**What is needed:** Report every line of the records that contains the word "scored".

(Stored data entries)
┄┄┄┄┄┄┄┄┄┄┄┄┄┄┄┄┄┄┄┄

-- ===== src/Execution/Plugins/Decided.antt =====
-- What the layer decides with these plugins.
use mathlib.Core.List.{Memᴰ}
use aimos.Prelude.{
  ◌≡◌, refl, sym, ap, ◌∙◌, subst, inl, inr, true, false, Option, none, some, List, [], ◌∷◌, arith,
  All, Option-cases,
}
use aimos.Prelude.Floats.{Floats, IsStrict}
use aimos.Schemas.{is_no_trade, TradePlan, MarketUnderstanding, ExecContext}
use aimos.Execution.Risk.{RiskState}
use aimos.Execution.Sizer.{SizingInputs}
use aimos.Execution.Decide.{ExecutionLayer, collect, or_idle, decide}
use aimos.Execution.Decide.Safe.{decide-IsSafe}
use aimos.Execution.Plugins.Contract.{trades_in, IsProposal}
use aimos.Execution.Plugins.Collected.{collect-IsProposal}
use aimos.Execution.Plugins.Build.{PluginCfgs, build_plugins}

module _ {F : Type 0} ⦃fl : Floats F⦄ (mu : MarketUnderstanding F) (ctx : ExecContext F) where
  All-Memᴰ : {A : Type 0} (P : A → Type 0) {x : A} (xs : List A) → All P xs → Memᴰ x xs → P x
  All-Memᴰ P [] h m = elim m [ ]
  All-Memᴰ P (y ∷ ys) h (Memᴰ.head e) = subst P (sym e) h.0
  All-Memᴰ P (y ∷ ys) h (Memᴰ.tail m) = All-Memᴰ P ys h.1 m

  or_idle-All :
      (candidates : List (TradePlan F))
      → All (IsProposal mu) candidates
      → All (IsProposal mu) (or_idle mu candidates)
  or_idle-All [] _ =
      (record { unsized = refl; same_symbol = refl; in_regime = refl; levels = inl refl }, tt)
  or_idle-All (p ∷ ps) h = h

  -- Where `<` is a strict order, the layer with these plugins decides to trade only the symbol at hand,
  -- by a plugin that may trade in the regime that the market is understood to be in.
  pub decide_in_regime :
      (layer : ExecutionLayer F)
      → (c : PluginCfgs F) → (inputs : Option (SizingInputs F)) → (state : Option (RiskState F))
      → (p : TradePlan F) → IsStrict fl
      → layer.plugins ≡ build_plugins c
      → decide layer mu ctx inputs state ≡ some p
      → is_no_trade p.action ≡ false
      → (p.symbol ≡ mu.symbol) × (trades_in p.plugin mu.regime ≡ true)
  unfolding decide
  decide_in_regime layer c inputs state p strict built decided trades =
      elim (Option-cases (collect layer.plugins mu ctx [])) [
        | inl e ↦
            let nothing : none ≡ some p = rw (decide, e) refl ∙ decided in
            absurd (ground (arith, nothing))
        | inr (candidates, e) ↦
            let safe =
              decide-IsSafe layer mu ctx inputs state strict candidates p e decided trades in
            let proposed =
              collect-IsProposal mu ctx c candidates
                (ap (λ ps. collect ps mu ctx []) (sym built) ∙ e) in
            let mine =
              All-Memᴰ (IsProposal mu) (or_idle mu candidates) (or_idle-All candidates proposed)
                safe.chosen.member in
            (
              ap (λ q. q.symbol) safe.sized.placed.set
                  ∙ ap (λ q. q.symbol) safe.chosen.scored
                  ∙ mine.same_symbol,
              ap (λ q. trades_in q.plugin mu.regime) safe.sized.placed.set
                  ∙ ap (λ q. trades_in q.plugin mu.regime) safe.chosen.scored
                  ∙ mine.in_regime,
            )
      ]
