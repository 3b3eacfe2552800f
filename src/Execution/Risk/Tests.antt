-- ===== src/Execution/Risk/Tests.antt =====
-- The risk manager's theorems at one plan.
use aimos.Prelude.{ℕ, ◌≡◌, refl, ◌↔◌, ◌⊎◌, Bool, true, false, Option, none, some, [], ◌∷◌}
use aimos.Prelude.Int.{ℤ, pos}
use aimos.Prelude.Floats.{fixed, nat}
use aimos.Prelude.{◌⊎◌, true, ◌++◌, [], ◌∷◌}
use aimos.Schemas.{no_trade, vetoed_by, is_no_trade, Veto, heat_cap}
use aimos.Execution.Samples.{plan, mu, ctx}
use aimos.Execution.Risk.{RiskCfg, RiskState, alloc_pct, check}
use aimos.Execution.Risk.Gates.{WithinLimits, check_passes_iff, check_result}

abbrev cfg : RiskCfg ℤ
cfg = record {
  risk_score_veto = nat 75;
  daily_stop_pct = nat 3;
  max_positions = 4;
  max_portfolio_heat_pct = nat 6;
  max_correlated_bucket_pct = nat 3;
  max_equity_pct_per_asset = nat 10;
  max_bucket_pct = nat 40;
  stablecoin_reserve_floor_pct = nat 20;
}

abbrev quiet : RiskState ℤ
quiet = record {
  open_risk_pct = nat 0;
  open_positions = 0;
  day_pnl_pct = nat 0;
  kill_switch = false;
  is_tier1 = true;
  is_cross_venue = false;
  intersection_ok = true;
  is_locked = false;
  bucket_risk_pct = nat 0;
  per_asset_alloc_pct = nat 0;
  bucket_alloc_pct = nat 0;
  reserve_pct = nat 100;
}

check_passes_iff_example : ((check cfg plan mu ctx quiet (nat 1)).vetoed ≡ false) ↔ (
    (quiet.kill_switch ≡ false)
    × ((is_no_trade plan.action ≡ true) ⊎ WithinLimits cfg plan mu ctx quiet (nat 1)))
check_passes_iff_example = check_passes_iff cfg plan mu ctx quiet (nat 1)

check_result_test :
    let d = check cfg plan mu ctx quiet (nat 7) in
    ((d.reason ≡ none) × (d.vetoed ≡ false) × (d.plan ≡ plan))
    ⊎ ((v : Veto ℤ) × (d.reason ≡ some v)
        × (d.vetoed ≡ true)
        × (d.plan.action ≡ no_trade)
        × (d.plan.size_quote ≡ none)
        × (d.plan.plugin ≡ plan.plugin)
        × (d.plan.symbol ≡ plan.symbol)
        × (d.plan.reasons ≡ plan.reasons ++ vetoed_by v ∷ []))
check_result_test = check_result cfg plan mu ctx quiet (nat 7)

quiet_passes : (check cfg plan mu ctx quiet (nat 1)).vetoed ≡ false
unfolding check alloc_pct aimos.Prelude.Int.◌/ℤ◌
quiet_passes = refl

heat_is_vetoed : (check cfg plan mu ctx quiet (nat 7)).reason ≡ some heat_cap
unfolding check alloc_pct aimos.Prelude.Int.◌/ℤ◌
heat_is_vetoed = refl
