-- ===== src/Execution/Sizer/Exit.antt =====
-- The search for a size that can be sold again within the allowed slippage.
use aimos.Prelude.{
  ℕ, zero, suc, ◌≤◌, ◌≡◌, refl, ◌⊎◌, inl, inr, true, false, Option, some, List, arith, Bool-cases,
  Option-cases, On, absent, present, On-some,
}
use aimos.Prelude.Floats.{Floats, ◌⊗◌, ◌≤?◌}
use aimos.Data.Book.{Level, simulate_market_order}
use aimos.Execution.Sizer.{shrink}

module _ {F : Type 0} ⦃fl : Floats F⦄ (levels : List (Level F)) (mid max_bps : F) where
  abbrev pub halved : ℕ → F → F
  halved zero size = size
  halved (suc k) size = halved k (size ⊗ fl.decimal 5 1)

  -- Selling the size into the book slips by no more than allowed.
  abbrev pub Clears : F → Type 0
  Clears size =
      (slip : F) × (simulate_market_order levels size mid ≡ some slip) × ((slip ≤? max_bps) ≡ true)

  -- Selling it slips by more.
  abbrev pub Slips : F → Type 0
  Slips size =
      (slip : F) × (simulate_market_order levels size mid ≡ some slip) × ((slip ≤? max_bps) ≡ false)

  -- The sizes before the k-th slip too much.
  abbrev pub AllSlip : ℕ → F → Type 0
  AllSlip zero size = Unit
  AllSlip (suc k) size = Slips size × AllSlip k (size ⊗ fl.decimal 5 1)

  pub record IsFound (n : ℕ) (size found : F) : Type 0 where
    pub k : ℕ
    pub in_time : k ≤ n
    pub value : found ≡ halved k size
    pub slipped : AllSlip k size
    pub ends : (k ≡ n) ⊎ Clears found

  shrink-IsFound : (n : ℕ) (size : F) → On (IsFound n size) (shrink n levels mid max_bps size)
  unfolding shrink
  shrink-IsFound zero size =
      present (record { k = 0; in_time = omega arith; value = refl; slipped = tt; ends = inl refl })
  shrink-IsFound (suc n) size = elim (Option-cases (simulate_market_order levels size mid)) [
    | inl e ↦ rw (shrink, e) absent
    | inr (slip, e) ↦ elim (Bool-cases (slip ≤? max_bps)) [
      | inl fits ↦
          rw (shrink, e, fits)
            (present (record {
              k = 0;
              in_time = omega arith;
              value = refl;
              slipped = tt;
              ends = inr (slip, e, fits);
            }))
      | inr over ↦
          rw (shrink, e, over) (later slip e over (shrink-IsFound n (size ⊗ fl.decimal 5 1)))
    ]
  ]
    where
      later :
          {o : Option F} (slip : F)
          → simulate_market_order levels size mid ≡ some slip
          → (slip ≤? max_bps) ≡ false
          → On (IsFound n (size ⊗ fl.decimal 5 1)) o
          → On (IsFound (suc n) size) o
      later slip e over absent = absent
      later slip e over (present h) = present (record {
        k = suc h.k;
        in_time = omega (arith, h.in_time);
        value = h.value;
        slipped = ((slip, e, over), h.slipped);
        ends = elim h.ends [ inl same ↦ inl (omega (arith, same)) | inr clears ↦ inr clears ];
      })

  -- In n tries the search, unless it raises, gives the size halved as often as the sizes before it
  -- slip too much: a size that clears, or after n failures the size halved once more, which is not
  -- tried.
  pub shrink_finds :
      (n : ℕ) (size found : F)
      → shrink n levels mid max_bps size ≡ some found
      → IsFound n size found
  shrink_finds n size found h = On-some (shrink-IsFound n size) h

┄┄┄┄┄┄┄┄┄┄┄┄┄┄┄┄┄┄┄┄

**Solution to this exercise:**
                  ∙ ap (λ q. q.symbol) safe.chosen.scored
                  ∙ ap (λ q. trades_in q.plugin mu.regime) safe.chosen.scored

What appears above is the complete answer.